How to Control Processes
There are two main ways to control processes:
- Sequential control is the most basic way to control processes. In sequential control, the steps in a process are executed one after the other, in a linear fashion.
- Conditional control allows us to specify that certain steps in a process should only be executed if certain conditions are met. This allows us to create more complex processes that can respond to different situations.
Processes are an essential part of computer programming. They allow us to give computers instructions on how to solve problems. By understanding how to control processes, we can create programs that can perform complex tasks.
The Idea of a Computational Process
A computational process is an abstract being that inhabits computers. It is a sequence of steps that are carried out by the computer to achieve a goal.
The evolution of a process is directed by a pattern of rules called a program. Programs are written by people to tell the computer what to do.
Computational processes are like sorcerer’s spirits. They cannot be seen or touched, but they are very real. They can perform intellectual work, answer questions, and affect the world.
The programs we use to conjure processes are like sorcerer’s spells. They are carefully composed from symbolic expressions in programming languages.
When a computational process is executed on a correctly working computer, it executes the program precisely and accurately. This means that even small errors in programs can have complex and unanticipated consequences.
Learning to program is not as dangerous as learning sorcery, but it still requires care, expertise, and wisdom. A small bug in a computer-aided design program, for example, could lead to the catastrophic collapse of an airplane or a dam.
Master software engineers have the ability to organize programs so that they can be reasonably sure that the resulting processes will perform the tasks intended. They can visualize the behavior of their systems in advance, and they know how to structure programs so that unanticipated problems do not lead to catastrophic consequences.
Well-designed computational systems, like well-designed automobiles or nuclear reactors, are designed in a modular manner, so that the parts can be constructed, replaced, and debugged separately.
Controlling Complexity in Large Systems
Large systems are often complex and difficult to understand. This is because they are made up of many different parts that interact with each other in complex ways.

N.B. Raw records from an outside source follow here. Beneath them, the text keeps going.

-- ===== src/Ledger/Sound/Post.antt =====
-- The invariant of the ledger under `post_journal` of app/financial_service.py.
use moneybee_backend.Base.{
  ℕ, ◌≤◌, ◌≡◌, refl, arith, String, true, Option, none, some, List, [], ◌∷◌, ◌==◌, ◌&&◌, contains,
  All, inl, inr, ap, sym, subst,
}
use moneybee_backend.Base.Action.{>>=-of_ok, >>=-of_err}
use moneybee_backend.Principal.{Principal}
use moneybee_backend.Ledger.Records.{
  LedgerAccount, AccountingPeriod, JournalEntry, JournalPosting, PostingInput, JournalEntryCreate,
  LedgerDb, Host,
}
use moneybee_backend.Ledger.Journal.{
  same_text, account_ids, new_entry, new_postings, existing_journal, replay_or_raise,
  commit_journal, post_journal,
}
use moneybee_backend.Ledger.Journal.Cases.{Accepted, post_new-cases}
use moneybee_backend.Ledger.Journal.Entry.{post_journal-cases, existing_journal-cases}
use moneybee_backend.Ledger.Balance.{accounts_in, ids_of}
use moneybee_backend.Ledger.Sound.{IsSound, IsFresh, accounts_with}
use moneybee_backend.Ledger.Sound.Counting.{
  found_each, accounts_with-filter_mono, contains-ids_of, Asked-for, Asked,
}
use moneybee_backend.Ledger.Sound.Posting.{after, add_journal-IsSound, check_accounts-All}

covers_each :
    (o : ℕ) (currency : String) (ids : List ℕ) (rows : List LedgerAccount) (ps : List PostingInput)
    → ((k : ℕ) → contains k ids ≡ true → 1 ≤ accounts_with k rows)
    → Asked ids ps
    → All (λ (item : PostingInput). contains item.account_id (ids_of rows) ≡ true) ps
covers_each o currency ids rows [] h asked = tt
covers_each o currency ids rows (p ∷ ps) h asked = (
  contains-ids_of p.account_id rows (h p.account_id asked.0),
  covers_each o currency ids rows ps h asked.1,
)

-- The checks of an accepted command find every account in the organization and the currency.
accepted_covers :
    (db : LedgerDb) (o : ℕ) (payload : JournalEntryCreate) (period : AccountingPeriod)
    → IsSound db
    → Accepted db o payload period
    → All
        (λ (item : PostingInput).
          contains item.account_id (ids_of (accounts_in o payload.currency db)) ≡ true)
        payload.postings
unfolding accounts_in
accepted_covers db o payload period sound accepted =
    covers_each o payload.currency (account_ids payload.postings)
      (accounts_in o payload.currency db) payload.postings
      (λ k asked.
        let here =
          found_each payload.postings db.accounts k sound.one_account accepted.found asked in
        let more =
          accounts_with-filter_mono k
            (λ (a : LedgerAccount). contains a.id (account_ids payload.postings))
            (λ (a : LedgerAccount). a.organization_id == o && same_text a.currency payload.currency)
            db.accounts
            (check_accounts-All o payload.currency _ db (ap (λ r. r.0) accepted.checked)) in
        omega (arith, here, more))
      (Asked-for payload.postings)

-- After an `IntegrityError` the session holds what the other transaction left.
commit_journal_race :
    (db db' : LedgerDb) (e : JournalEntry) (ps : List JournalPosting)
    → (commit_journal (some db') e ps db).1 ≡ db'
unfolding commit_journal
commit_journal_race db db' e ps =
    let looked = existing_journal e.organization_id e.idempotency_key e.request_hash in
    elim (existing_journal-cases e.organization_id e.idempotency_key e.request_hash db') [
      | inl (x, raised) ↦ ap (λ r. r.1) (>>=-of_err looked replay_or_raise db' raised)
      | inr (inl (old, replays, found)) ↦ ap (λ r. r.1) (>>=-of_ok looked replay_or_raise db' found)
      | inr (inr (missing, nothing)) ↦ ap (λ r. r.1) (>>=-of_ok looked replay_or_raise db' nothing)
    ]

commit_journal-IsSound :
    (db : LedgerDb) (e : JournalEntry) (items : List PostingInput) (race : Option LedgerDb)
    → IsSound (after db e items)
    → ((db' : LedgerDb) → race ≡ some db' → IsSound db')
    → IsSound (commit_journal race e (new_postings e.id e.currency items) db).1
unfolding commit_journal after
commit_journal-IsSound db e items none sound raced = sound
commit_journal-IsSound db e items (some db') sound raced =
    subst IsSound (sym (commit_journal_race db db' e (new_postings e.id e.currency items)))
      (raced db' refl)

-- If the ledger is sound (account ids are unique, and the postings of every entry are even and
-- to accounts of its organization and currency), the new entry's id is fresh, and a transaction
-- that came first also left a sound ledger, then the ledger is sound after post_journal, however
-- the call ends.
pub post_journal-IsSound :
    (host : Host) (principal : Principal) (payload : JournalEntryCreate) (raw_key : String)
    (entry_id : ℕ) (race : Option LedgerDb) (db : LedgerDb)
    → IsSound db
    → IsFresh entry_id db
    → ((db' : LedgerDb) → race ≡ some db' → IsSound db')
    → IsSound (post_journal host principal payload raw_key entry_id race db).1
post_journal-IsSound host principal payload raw_key entry_id race db sound fresh raced =
    elim (post_journal-cases host principal payload raw_key entry_id race db) [
      | inl (x, raised) ↦ rw raised sound
      | inr (o, key, admitted, inl (e, replays, replayed)) ↦ rw replayed sound
      | inr (o, key, admitted, inr (unused, goes)) ↦
          elim (post_new-cases host principal payload key o entry_id race db) [
            | inl (x, raised) ↦ rw (goes, raised) sound
            | inr (period, accepted, commits) ↦
                let e = new_entry host principal payload key o period.id entry_id in
                rw (goes, commits)
                  (commit_journal-IsSound db e payload.postings race
                    (add_journal-IsSound db e payload.postings sound fresh accepted.even
                      (accepted_covers db o payload period sound accepted))
                    raced)
          ]
    ]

The language of procedures and processes can help us to control complexity in large systems by providing a way to describe the different parts of the system and how they interact with each other. This allows us to understand the system better and to design solutions that are more likely to be successful.
Examples of Existing Procedures
By abstracting existing procedures to see how they have been used to solve problems. This will help us to understand how the language of procedures and processes can be used in practice. We will also spend some time designing our own procedures to solve problems. This will give us the opportunity to practice using the language of procedures and processes and to see how it can be used to control complexity in large systems.